Over the past few years, the evolution of AI has become increasingly clear. From generating information to performing task decomposition, workflow collaboration, and autonomous execution, AI is transitioning from a cognitive tool into an execution agent. The rise of AI agents in particular signals that AI is no longer merely assisting humans, it is now directly participating in commercial processes.

This shift goes beyond a technological upgrade. What it fundamentally changes is who initiates a transaction. For decades, payment systems have operated under the assumption that transactions are triggered by people. Humans click buttons, enter passwords, and authorize payments, after which the system completes clearing and settlement.

In a world where AI Agents participate in execution, this logic is beginning to change. An increasing number of transactions will no longer be initiated directly by humans.

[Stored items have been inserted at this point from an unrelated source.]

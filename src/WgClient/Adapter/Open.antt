-- ===== src/WgClient/Adapter/Open.antt =====
-- `win::open`, from the started session on; the adapter's name and index are arguments.
use wg_wrapper.Base.{
  ℕ, Bool, false, ◌&&◌, List, [], ◌∷◌, ◌++◌, any, Option, none, some, ◌==◌, if◌then◌else◌, ok, err,
}
use wg_wrapper.Addr.{IpAddr, v4, v6}
use wg_wrapper.Addr.Display.{display, display_v4, display_v6}
use wg_wrapper.IpNet.{NetOps, NetText}
use wg_wrapper.Text.{Text, codes}
use wg_wrapper.WgClient.{ClientConfig}
use wg_wrapper.WgClient.Routes.{Routes, parse_routes}
use wg_wrapper.WgClient.Adapter.{
  Argv, no_gateway, bad_half, Action, ok_or, done, return, ◌>>=◌, ◌>>◌, Os, run, run_undone,
}
use wg_wrapper.WgClient.Adapter.Commands.{
  print_routes, route_add, route_delete, route_v6, host_mask, metric_one, metric_one_if,
  interface_text,
}
use wg_wrapper.WgClient.Adapter.Setup.{is_ipv4, set_address, set_metrics, configure_dns}

abbrev pub same_ip : IpAddr → IpAddr → Bool
same_ip (v4 a) (v4 b) = a == b
same_ip (v6 a) (v6 b) = a == b
same_ip _ _ = false

-- cfg.dns.iter().filter(|d| seen.insert(**d))
unfoldable pub distinct : List IpAddr → List IpAddr → List IpAddr
distinct seen [] = []
distinct seen (d ∷ ds) =
    let rest = distinct (d ∷ seen) ds in if any (same_ip d) seen then rest else d ∷ rest

module _ (os : Os) (name : Text) (index : ℕ) where
  -- The gateway stays on its link, and the server behind the gateway.
  unfoldable pub pin_server : (server gateway iface : Text) → Action (Unit {0})
  unfolding run_undone
  pin_server server gateway iface = do
    run_undone os (route_add gateway host_mask iface metric_one)
        (route_delete gateway host_mask iface)
    run_undone os (route_add server host_mask gateway metric_one)
        (route_delete server host_mask gateway)

  -- an IPv4 route through the adapter, whose address is `ip`
  abbrev pub through : (ip dest mask : Text) → Argv
  through ip dest mask = route_add dest mask ip (metric_one_if index)

  -- The loop over the local networks; the tunnel's own stays.
  unfoldable pub add_lan : (ip : Text) → (own own_mask : IpAddr) → List (ℕ × ℕ) → Action (Unit {0})
  unfolding run_undone display_v4 metric_one_if
  add_lan ip own own_mask [] = done
  add_lan ip own own_mask ((dest, mask) ∷ lan) =
      if same_ip (v4 dest) own && same_ip (v4 mask) own_mask
      then add_lan ip own own_mask lan
      else (do
        run_undone os (through ip (display_v4 dest) (display_v4 mask))
            (route_delete (display_v4 dest) (display_v4 mask) ip)
        add_lan ip own own_mask lan)

  -- The loop over the servers, each with a route of its own.
  unfoldable pub add_dns_routes : (ip : Text) → List IpAddr → Action (Unit {0})
  unfolding run_undone display_v4 display_v6 metric_one_if interface_text
  add_dns_routes ip [] = done
  add_dns_routes ip (v4 a ∷ ds) = do
    run_undone os (through ip (display_v4 a) host_mask) (route_delete (display_v4 a) host_mask ip)
    add_dns_routes ip ds
  add_dns_routes ip (v6 a ∷ ds) = do
    run_undone os (route_v6 (codes "add") (display_v6 a ++ codes "/128") (interface_text index) [])
        (route_v6 (codes "delete") (display_v6 a ++ codes "/128") (interface_text index) [])
    add_dns_routes ip ds

  module _ (ops : NetOps) (cidr : NetText ops) where
    open ops use {Net, addr, prefix_len}

    -- a default route of IPv4
    abbrev pub is_default : Net → Bool
    is_default n = is_ipv4 (addr n) && prefix_len n == 0

    -- vec!["0.0.0.0/1".parse()?, "128.0.0.0/1".parse()?, *net]
    abbrev pub halves : Net → Option Net → Option Net → Action (List Net)
    halves n (some low) (some high) d = (ok (low ∷ high ∷ n ∷ []), d)
    halves n (some low) none d = (err bad_half, d)
    halves n none high d = (err bad_half, d)

    -- A default route is split in two halves, and rides along.
    unfoldable pub parts_of : Net → Action (List Net)
    parts_of n =
        if is_default n
        then halves n (cidr.parse (codes "0.0.0.0/1")) (cidr.parse (codes "128.0.0.0/1"))
        else return (n ∷ [])

    -- The match on one part.
    unfoldable pub add_part : (ip : Text) → Net → IpAddr → Action (Unit {0})
    unfolding run_undone display metric_one_if interface_text
    add_part ip n (v4 a) =
        run_undone os (through ip (display (v4 a)) (display (cidr.netmask n)))
          (route_delete (display (v4 a)) (display (cidr.netmask n)) ip)
    add_part ip n (v6 a) =
        run_undone os (route_v6 (codes "add") (cidr.to_string n) (interface_text index) [])
          (route_v6 (codes "delete") (cidr.to_string n) (interface_text index) [])

    unfoldable pub add_parts : (ip : Text) → List Net → Action (Unit {0})
    unfolding add_part
    add_parts ip [] = done
    add_parts ip (n ∷ ns) = do add_part ip n (addr n); add_parts ip ns

    -- The loop over the allowed networks.
    unfoldable pub add_allowed : (ip : Text) → List Net → Action (Unit {0})
    unfolding parts_of add_parts
    add_allowed ip [] = done
    add_allowed ip (n ∷ ns) = do parts ← parts_of n; add_parts ip parts; add_allowed ip ns

    -- A full tunnel takes the local networks too.
    unfoldable pub swallow_lan : (ip : Text) → Net → List Net → List (ℕ × ℕ) → Action (Unit {0})
    unfolding add_lan
    swallow_lan ip address allowed lan =
        if any is_default allowed
        then add_lan ip (cidr.network address) (cidr.netmask address) lan
        else done

    -- One half of the IPv6 addresses, unless it is allowed.
    unfoldable pub block_half : List Net → Text → Action (Unit {0})
    unfolding run_undone interface_text
    block_half allowed half = do
      net ← ok_or (cidr.parse half) bad_half
      (if any (cidr.equal net) allowed
          then done
          else run_undone os
              (route_v6 (codes "add") half (interface_text index) (codes "metric=1" ∷ []))
              (route_v6 (codes "delete") half (interface_text index) []))

    -- Behind the adapter's DNS servers.
    unfoldable pub add_routes : ClientConfig Net → (server : IpAddr) → Routes → Action (Unit {0})
    unfolding pin_server add_allowed swallow_lan block_half add_dns_routes display display_v4
        distinct
    add_routes cfg server routes = do
      (gateway, iface) ← ok_or routes.default no_gateway
      pin_server (display server) (display_v4 gateway) (display_v4 iface)
      add_allowed (display (addr cfg.address)) cfg.allowed_ips
      swallow_lan (display (addr cfg.address)) cfg.address cfg.allowed_ips routes.lan
      block_half cfg.allowed_ips (codes "::/1")
      block_half cfg.allowed_ips (codes "8000::/1")
      add_dns_routes (display (addr cfg.address)) (distinct [] cfg.dns)

    unfoldable pub open_adapter : ClientConfig Net → (server : IpAddr) → Action (Unit {0})
    unfolding set_address set_metrics configure_dns run parse_routes add_routes display
    open_adapter cfg server = do
      set_address os name index (display (addr cfg.address)) (display (cidr.netmask cfg.address))
          cfg.mtu
      set_metrics os name index
      configure_dns os name index cfg.dns
      text ← run os print_routes
      add_routes cfg server (parse_routes text)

Instead, they will be triggered and executed automatically by systems based on real-time data — including ad budget adjustments, cloud resource procurement, software subscription renewals, supply chain scheduling, and cross-border fund distribution.

The rapid deployment of AI Agents is upgrading payments from a human-operated tool to a system execution capability. This transformation suggests that payments are evolving from a functional module in the internet era into a default execution capability within AI systems — not merely a change in payment methods, but a fundamental reconstruction of how value flows.

### II. AI's Execution Capability Is Running Into the Limits of Payment Systems

A structural gap is forming between the pace of AI advancement and the evolution of payment infrastructure.

On one hand, AI Agents are rapidly entering real commercial environments. From advertising and supply chain management to cloud resource scheduling and enterprise operations, AI is taking on an expanding range of execution tasks previously performed by humans. In these scenarios, the time between decision and execution is being compressed toward real time.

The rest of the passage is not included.